___ Data excerpts

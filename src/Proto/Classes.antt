-- ===== src/Proto/Classes.antt =====
-- What `Parse` accepts, and how the classes of a supported name (proto.go) relate.
use g_tun.Prelude.{
  Bytes, bytes_eq-cases, true, false, ◌≡◌, sym, subst, All, ◌↔◌, ◌⊎◌, inl, inr, List, [], ◌∷◌,
  arith,
}
use g_tun.Result.{ok}
use g_tun.Proto.{
  Name, utcp_mux, quic, supported, parse, parse_from, mux, web_socket, tls, udp_based,
}

-- The name stands in the list.
abbrev pub IsOneOf : Name → List Name → Type 0
IsOneOf n [] = ⊥
IsOneOf n (m ∷ ms) = (n ≡ m) ⊎ IsOneOf n ms

parse_from_ok : (ns : List Name) (s n : Bytes) → (parse_from ns s ≡ ok n) ↔ ((n ≡ s) × IsOneOf s ns)
unfolding parse_from
parse_from_ok [] s n = (λ h. cc, λ h. absurd h.1)
parse_from_ok (m ∷ ms) s n = elim (bytes_eq-cases m s) [
  | inl (e, p) ↦ rw e (λ h. (ground arith, inl (sym p)), λ h. ground arith)
  | inr (e, p) ↦ rw e (ground (arith, parse_from_ok ms s n))
]

-- `Parse` accepts exactly the ten supported names, and returns the name that it was given.
pub parse_iff : (s n : Bytes) → (parse s ≡ ok n) ↔ ((n ≡ s) × IsOneOf s supported)
unfolding parse
parse_iff s n = parse_from_ok supported s n

-- What holds at each name of a list holds of every name that stands in it.
All-IsOneOf {ℓ} : (P : Name → Type ℓ) (ns : List Name) (n : Name) → All P ns → IsOneOf n ns → P n
All-IsOneOf P [] n all i = absurd i
All-IsOneOf P (m ∷ ms) n all (inl e) = subst P (sym e) all.0
All-IsOneOf P (m ∷ ms) n all (inr i) = All-IsOneOf P ms n all.1 i

-- To prove a fact of a name that `Parse` accepted, prove it at the ten supported names.
pub parse-ind {ℓ} : (P : Name → Type ℓ) (s n : Bytes) → All P supported → parse s ≡ ok n → P n
parse-ind P s n all p =
    let (e, i) = (parse_iff s n).0 p in subst P (sym e) (All-IsOneOf P supported s all i)

abbrev ClassLaws : Name → Type 0
ClassLaws n =
    (tls n ≡ true → (web_socket n ≡ true) ⊎ (n ≡ quic))
    × (web_socket n ≡ true → udp_based n ≡ false)
    × (mux n ≡ true → udp_based n ≡ true → n ≡ utcp_mux)
    × (tls n ≡ true → udp_based n ≡ true → n ≡ quic)

ClassLaws-table : All ClassLaws supported
unfolding tls web_socket udp_based mux
ClassLaws-table = ground arith

-- A name that `Parse` accepts is TLS only if it is a WebSocket name or `quic`; a WebSocket name is
-- never UDP based; `utcpmux` is the only name that is both multiplexed and UDP based; `quic` is the
-- only name that is both TLS and UDP based.
parse-ClassLaws : (s n : Bytes) → parse s ≡ ok n → ClassLaws n
parse-ClassLaws s n p = parse-ind ClassLaws s n ClassLaws-table p
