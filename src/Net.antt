-- ===== src/Net.antt =====
-- What the program uses of Go's packages net and strconv on texts: `strconv.Atoi`,
-- `net.SplitHostPort` and `net.JoinHostPort`, as their documentation and code have them.
use g_tun.Prelude.{
  ℕ, suc, ◌+◌, ◌-◌, ◌*◌, ◌^◌, Bytes, length, take, drop, Bool, true, false, ◌&&◌, ◌||◌, Option,
  none, some, [], ◌∷◌, ◌++◌, ltb, leb, ◌==◌, if◌then◌else◌, codes,
}
use g_tun.Prelude.Int.{ℤ, pos, negsuc}

is_digit : ℕ → Bool
is_digit c = leb b'0' c && leb c b'9'

-- The value of the digits after `acc`; `none` at a byte that is no digit.
unfoldable pub digits_value : ℕ → Bytes → Option ℕ
unfolding is_digit
digits_value acc [] = some acc
digits_value acc (c ∷ cs) = elim (is_digit c) [
  | true ↦ digits_value (acc * 10 + (c - b'0')) cs
  | false ↦ none
]

-- A text without its sign: at least one digit, and digits only.
unfoldable pub magnitude : Bytes → Option ℕ
magnitude [] = none
magnitude (c ∷ cs) = digits_value 0 (c ∷ cs)

-- A value out of the range of a 64-bit `int` is an error.
abbrev in_range : Bool → Option ℕ → Option ℤ
in_range negative none = none
in_range false (some n) = if ltb n (2 ^ 63) then some (pos n) else none
in_range true (some n) =
    if n == 0 then some (pos 0) else if leb n (2 ^ 63) then some (negsuc (n - 1)) else none

unfoldable pub atoi : Bytes → Option ℤ
atoi [] = none
atoi (c ∷ cs) =
    if c == b'-'
    then in_range true (magnitude cs)
    else if c == b'+'
    then in_range false (magnitude cs)
    else in_range false (magnitude (c ∷ cs))

-- `strings.IndexByte` and `LastIndexByte`, with `none` for -1.
unfoldable pub index_byte : ℕ → Bytes → Option ℕ
index_byte b [] = none
index_byte b (c ∷ cs) =
    if c == b then some 0 else elim (index_byte b cs) [ none ↦ none | some i ↦ some (suc i) ]

unfoldable pub last_index_byte : ℕ → Bytes → Option ℕ
last_index_byte b [] = none
last_index_byte b (c ∷ cs) = elim (last_index_byte b cs) [
  | some i ↦ some (suc i)
  | none ↦ if c == b then some 0 else none
]

unfoldable pub contains : ℕ → Bytes → Bool
contains b [] = false
contains b (c ∷ cs) = c == b || contains b cs

-- The last tests: no `[` from `j` on and no `]` from `k` on.
finish_split : Bytes → Bytes → ℕ → ℕ → ℕ → Option (Bytes × Bytes)
finish_split addr host i j k =
    if contains b'[' (drop j addr)
    then none
    else if contains b']' (drop k addr)
    then none
    else some (host, drop (suc i) addr)

-- An address that begins with `[`; `i` is the place of its last colon.
split_bracketed : Bytes → ℕ → Option ℕ → Option (Bytes × Bytes)
unfolding finish_split
split_bracketed addr i none = none
split_bracketed addr i (some end) =
    if suc end == length addr
    then none
    else if suc end == i
    then finish_split addr (drop 1 (take end addr)) i 1 (suc end)
    else none

split_at_colon : Bytes → Option ℕ → Option (Bytes × Bytes)
unfolding split_bracketed finish_split
split_at_colon addr none = none
split_at_colon [] (some i) = none
split_at_colon (c ∷ cs) (some i) =
    if c == b'['
    then split_bracketed (c ∷ cs) i (index_byte b']' (c ∷ cs))
    else if contains b':' (take i (c ∷ cs))
    then none
    else finish_split (c ∷ cs) (take i (c ∷ cs)) i 0 0

unfoldable pub split_host_port : Bytes → Option (Bytes × Bytes)
unfolding split_at_colon
split_host_port addr = split_at_colon addr (last_index_byte b':' addr)

unfoldable pub join_host_port : Bytes → Bytes → Bytes
join_host_port host port =
    if contains b':' host
    then codes "[" ++ (host ++ (codes "]:" ++ port))
    else host ++ (codes ":" ++ port)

______

Of the lines above, show those in which "cases" appears.

  Bytes, bytes_eq-cases, true, false, ◌≡◌, sym, subst, All, ◌↔◌, ◌⊎◌, inl, inr, List, [], ◌∷◌,
parse_from_ok (m ∷ ms) s n = elim (bytes_eq-cases m s) [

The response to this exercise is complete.